Work required:
Your answer must contain only the lines from the one containing "if w.stopped then ended" through the end of the entries below, reproduced character for character.

Records supplied:
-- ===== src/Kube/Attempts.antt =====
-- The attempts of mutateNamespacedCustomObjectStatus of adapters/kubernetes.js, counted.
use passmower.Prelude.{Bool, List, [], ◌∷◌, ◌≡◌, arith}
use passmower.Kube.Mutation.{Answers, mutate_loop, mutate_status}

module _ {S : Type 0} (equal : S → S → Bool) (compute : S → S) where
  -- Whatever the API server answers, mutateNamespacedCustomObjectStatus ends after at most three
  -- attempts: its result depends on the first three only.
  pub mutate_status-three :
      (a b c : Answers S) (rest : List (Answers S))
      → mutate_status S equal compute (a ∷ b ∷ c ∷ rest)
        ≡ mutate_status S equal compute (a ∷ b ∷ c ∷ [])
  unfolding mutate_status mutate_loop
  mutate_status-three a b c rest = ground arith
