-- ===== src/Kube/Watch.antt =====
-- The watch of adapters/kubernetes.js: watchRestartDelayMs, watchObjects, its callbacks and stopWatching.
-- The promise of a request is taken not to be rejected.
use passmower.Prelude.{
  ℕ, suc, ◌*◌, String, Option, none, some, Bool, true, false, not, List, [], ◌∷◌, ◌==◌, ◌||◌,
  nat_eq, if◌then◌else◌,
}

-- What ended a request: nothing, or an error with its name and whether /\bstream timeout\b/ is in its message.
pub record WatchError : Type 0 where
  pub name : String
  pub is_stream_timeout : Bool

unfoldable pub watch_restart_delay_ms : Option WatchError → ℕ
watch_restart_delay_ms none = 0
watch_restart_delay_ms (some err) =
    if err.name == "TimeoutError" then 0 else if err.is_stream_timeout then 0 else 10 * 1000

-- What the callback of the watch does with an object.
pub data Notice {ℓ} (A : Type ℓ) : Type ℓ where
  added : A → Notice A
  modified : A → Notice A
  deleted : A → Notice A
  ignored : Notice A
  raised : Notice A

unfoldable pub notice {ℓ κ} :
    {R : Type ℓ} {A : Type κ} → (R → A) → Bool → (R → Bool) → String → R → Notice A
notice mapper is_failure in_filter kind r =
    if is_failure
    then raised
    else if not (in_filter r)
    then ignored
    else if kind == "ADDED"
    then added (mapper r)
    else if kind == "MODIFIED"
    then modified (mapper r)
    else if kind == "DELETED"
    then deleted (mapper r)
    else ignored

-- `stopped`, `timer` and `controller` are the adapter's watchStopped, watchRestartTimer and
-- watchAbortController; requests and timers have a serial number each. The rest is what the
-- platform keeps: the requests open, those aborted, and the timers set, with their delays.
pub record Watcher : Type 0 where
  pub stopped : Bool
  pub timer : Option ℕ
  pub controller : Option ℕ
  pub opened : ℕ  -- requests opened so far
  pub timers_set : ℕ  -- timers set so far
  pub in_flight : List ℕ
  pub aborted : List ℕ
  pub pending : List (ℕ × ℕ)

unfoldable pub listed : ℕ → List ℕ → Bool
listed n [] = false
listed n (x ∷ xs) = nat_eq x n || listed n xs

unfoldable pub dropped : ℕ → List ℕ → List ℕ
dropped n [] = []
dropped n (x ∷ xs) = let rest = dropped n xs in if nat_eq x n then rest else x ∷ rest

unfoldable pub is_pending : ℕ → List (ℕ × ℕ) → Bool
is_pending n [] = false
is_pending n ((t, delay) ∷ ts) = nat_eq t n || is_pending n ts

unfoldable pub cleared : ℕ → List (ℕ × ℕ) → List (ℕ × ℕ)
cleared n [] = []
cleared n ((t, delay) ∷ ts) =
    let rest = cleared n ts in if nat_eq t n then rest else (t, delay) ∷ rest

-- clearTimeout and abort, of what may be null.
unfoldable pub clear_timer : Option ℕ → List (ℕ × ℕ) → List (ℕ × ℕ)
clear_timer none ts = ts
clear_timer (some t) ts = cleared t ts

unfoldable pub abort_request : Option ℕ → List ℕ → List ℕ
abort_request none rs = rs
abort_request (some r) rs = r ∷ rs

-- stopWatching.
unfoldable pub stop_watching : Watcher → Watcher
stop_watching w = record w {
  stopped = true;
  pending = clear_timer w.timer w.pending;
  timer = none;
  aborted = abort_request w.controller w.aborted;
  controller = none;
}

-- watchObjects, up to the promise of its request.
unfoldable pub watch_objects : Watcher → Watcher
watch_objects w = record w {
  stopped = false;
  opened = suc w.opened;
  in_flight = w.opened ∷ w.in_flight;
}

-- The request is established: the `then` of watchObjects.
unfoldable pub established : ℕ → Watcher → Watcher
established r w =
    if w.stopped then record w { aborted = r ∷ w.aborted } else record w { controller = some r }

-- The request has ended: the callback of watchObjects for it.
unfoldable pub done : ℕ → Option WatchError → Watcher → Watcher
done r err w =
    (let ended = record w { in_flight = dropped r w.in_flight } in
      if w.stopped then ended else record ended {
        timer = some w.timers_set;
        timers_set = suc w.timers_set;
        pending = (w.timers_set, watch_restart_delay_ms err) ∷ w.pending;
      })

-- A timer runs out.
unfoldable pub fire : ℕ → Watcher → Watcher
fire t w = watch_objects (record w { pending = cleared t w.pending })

Output of the task:
      if w.stopped then ended else record ended {
        timer = some w.timers_set;
        timers_set = suc w.timers_set;
        pending = (w.timers_set, watch_restart_delay_ms err) ∷ w.pending;
      })

-- A timer runs out.
unfoldable pub fire : ℕ → Watcher → Watcher
fire t w = watch_objects (record w { pending = cleared t w.pending })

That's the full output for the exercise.